Causation and Systems
From a systems-theoretic perspective, causation is not a binary relation between individual events but a property of the structure of a dynamical system. A causal claim — "smoking causes lung cancer" — is a claim about the behavior of a system under intervention: if you intervene on the smoking variable while holding other variables fixed, the probability of lung cancer changes. This is the insight of the potential outcomes framework and of causal graphical models.
The systems-theoretic view makes causation explicitly level-relative and intervention-relative. A causal claim is always relative to a choice of variables, a model of their dependencies, and a specification of what counts as an intervention. Change the variables or the model, and the causal claims change. This is not a defect of the framework. It is a discovery about the nature of causal reasoning: causation is a feature of our models of systems, not of the systems themselves considered in abstraction from any model.
Downward causation — the idea that higher-level properties can causally influence lower-level events — is a particularly important case. The mental state of a person (a higher-level property) causes neural firing (a lower-level event). If this is true, causation is not merely level-relative but hierarchical: causal relations span levels of description, and the direction of causal influence is not always "bottom-up" from parts to whole. The debate over downward causation is central to philosophy of mind and to the theory of emergence.
The Modeling Turn
Contemporary work on causation has shifted from metaphysical questions (what is the nature of the causal relation?) to methodological questions (how do we discover and represent causal structure in complex systems?). The causal inference literature — Pearl, Spirtes, Glymour, Rubin — provides algorithms for inferring causal structure from statistical data. The graphical model framework represents causal relations as directed edges in a graph, with the direction encoding the asymmetry of intervention.

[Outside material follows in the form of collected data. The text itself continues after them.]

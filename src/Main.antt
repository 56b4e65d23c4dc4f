-- ===== src/Main.antt =====
-- main.go: the start of a server, up to where it listens. net.JoinHostPort, the parsed ini file and
-- the addresses of the machine are arguments.
pub mod Steps
pub mod Laws
use go_websocket.Prelude.{
  ℕ, Bool, true, false, Option, none, some, List, [], ◌∷◌, ◌++◌, if◌then◌else◌,
}
use go_websocket.Prelude.Text.{Str, codes}
use go_websocket.Prelude.Result.{Result, ok, err, panic}
use go_websocket.Setting.{CommonConf, Global, Settings}
use go_websocket.Util.{is_cluster}
use go_websocket.Discovery.{ClientDis, new_client_dis, get_service}
use go_websocket.Routers.Routes.{Routing, init}
use go_websocket.Registration.{Leases, ServiceReg, new_service_reg, put_service}

-- ETCD_SERVER_LIST
abbrev pub etcd_server_list : Str
etcd_server_list = codes "/wsServers/"

-- What runs: etcd, the settings, the port of the RPC server, the routes with the loops that they start,
-- the heartbeat and the port of the HTTP server.
pub record Boot (S : Type 0) : Type 0 where
  pub etcd : S
  pub endpoints : List Str
  pub global : Global
  pub rpc_port : Option Str
  pub routing : Routing
  pub heartbeat : Bool
  pub http_port : Option Str

-- A step of main ends, or it panics.
pub data Step (S : Type 0) : Type 0 where
  goes_on : Boot S → Step S
  panics : Boot S → Step S

infixl 5 ◌>>=◌
abbrev pub ◌>>=◌ : {S : Type 0} → Step S → (Boot S → Step S) → Step S
goes_on b >>= f = f b
panics b >>= f = panics b

module _ {S : Type 0} (e : Leases S) (join_host_port : Str → Str → Str) (common : CommonConf) where
  -- InitGRpcServer, which starts createGRPCServer as a goroutine on the port.
  abbrev pub init_grpc_server : Boot S → Boot S
  init_grpc_server b = record b { rpc_port = some (b':' ∷ common.rpc_port) }

  -- initRPCServer
  unfoldable pub init_rpc_server : Boot S → Boot S
  init_rpc_server b = if is_cluster common then init_grpc_server b else b

  -- The end of registerServer, from the answer of GetService.
  abbrev pub discovered_list : Boot S → Global × Result (List Str) → Step S
  discovered_list b (g, ok addrs) = goes_on (record b { global = g })
  discovered_list b (g, err x) = panics (record b { global = g })
  discovered_list b (g, panic) = panics (record b { global = g })

  -- From the answer of NewClientDis.
  abbrev pub connected_dis : Boot S → Result (ClientDis (Unit {0})) → Step S
  connected_dis b (ok cli) =
      discovered_list b (get_service (e.get_prefix etcd_server_list b.etcd) b.global)
  connected_dis b (err x) = panics b
  connected_dis b panic = panics b

  -- From the answer of PutService.
  abbrev pub put_done : Boot S → S × Result (Unit {0}) → Step S
  put_done b (s, ok u) =
      connected_dis (record b { etcd = s }) (new_client_dis (λ conf. e.new s) b.endpoints)
  put_done b (s, err x) = panics (record b { etcd = s })
  put_done b (s, panic) = panics (record b { etcd = s })

  abbrev pub host_port : Boot S → Str
  host_port b = join_host_port b.global.local_host common.rpc_port

  -- From the answer of NewServiceReg.
  abbrev pub registered : Boot S → S × Result ServiceReg → Step S
  registered b (s, ok ser) =
      put_done b (put_service e (etcd_server_list ++ host_port b) (host_port b) ser s)
  registered b (s, err x) = panics (record b { etcd = s })
  registered b (s, panic) = panics (record b { etcd = s })

  -- registerServer
  unfoldable pub register_server : Boot S → Step S
  register_server b =
      if is_cluster common then registered b (new_service_reg e 5 b.etcd) else goes_on b

  -- The end of main, from routers.Init: the heartbeat and the HTTP server; `listens` is whether
  -- ListenAndServe goes on to serve.
  abbrev pub routed : Bool → Boot S → Option Routing → Step S
  routed listens b none = panics b
  routed true b (some routing) =
      goes_on (record b {
        routing = routing;
        heartbeat = true;
        http_port = some (b':' ∷ common.http_port);
      })
  routed false b (some routing) = panics (record b { routing = routing; heartbeat = true })

  unfoldable pub main : Bool → Boot S → Step S
  main listens b = register_server (init_rpc_server b) >>= λ c. routed listens c (init c.routing)

-- What init leaves to main, with etcd as it is.
abbrev pub booted : {S : Type 0} → S → Settings → Boot S
booted s settings = record {
  etcd = s;
  endpoints = settings.endpoints;
  global = settings.global;
  rpc_port = none;
  routing = record { mux = []; manager_starts = false; messages_written = false };
  heartbeat = false;
  http_port = none;
}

This modeling turn is not a retreat from metaphysics but a recognition that the metaphysical questions are too abstract to guide empirical inquiry. We do not need to know what causation "is" in order to discover which interventions produce which effects in which systems. What we need is a framework for representing the dependencies among variables and for computing the effects of hypothetical interventions. Causal graphical models provide this framework.
The deeper philosophical point is that causation is not a single relation but a family of relations — causal production, causal dependence, causal explanation, causal responsibility — each serving different purposes in different contexts. To ask "what is causation?" is to assume a unity that the evidence does not support.
The claim that causation is fundamental — a primitive feature of reality that cannot be reduced to anything else — is itself a metaphysical hypothesis, and it is no more required by physics than any other. The more modest claim — that causation is a useful way of organizing our models of dynamical systems — is sufficient for science, for law, and for practical reasoning. Whether it is sufficient for metaphysics depends on what one thinks metaphysics is for.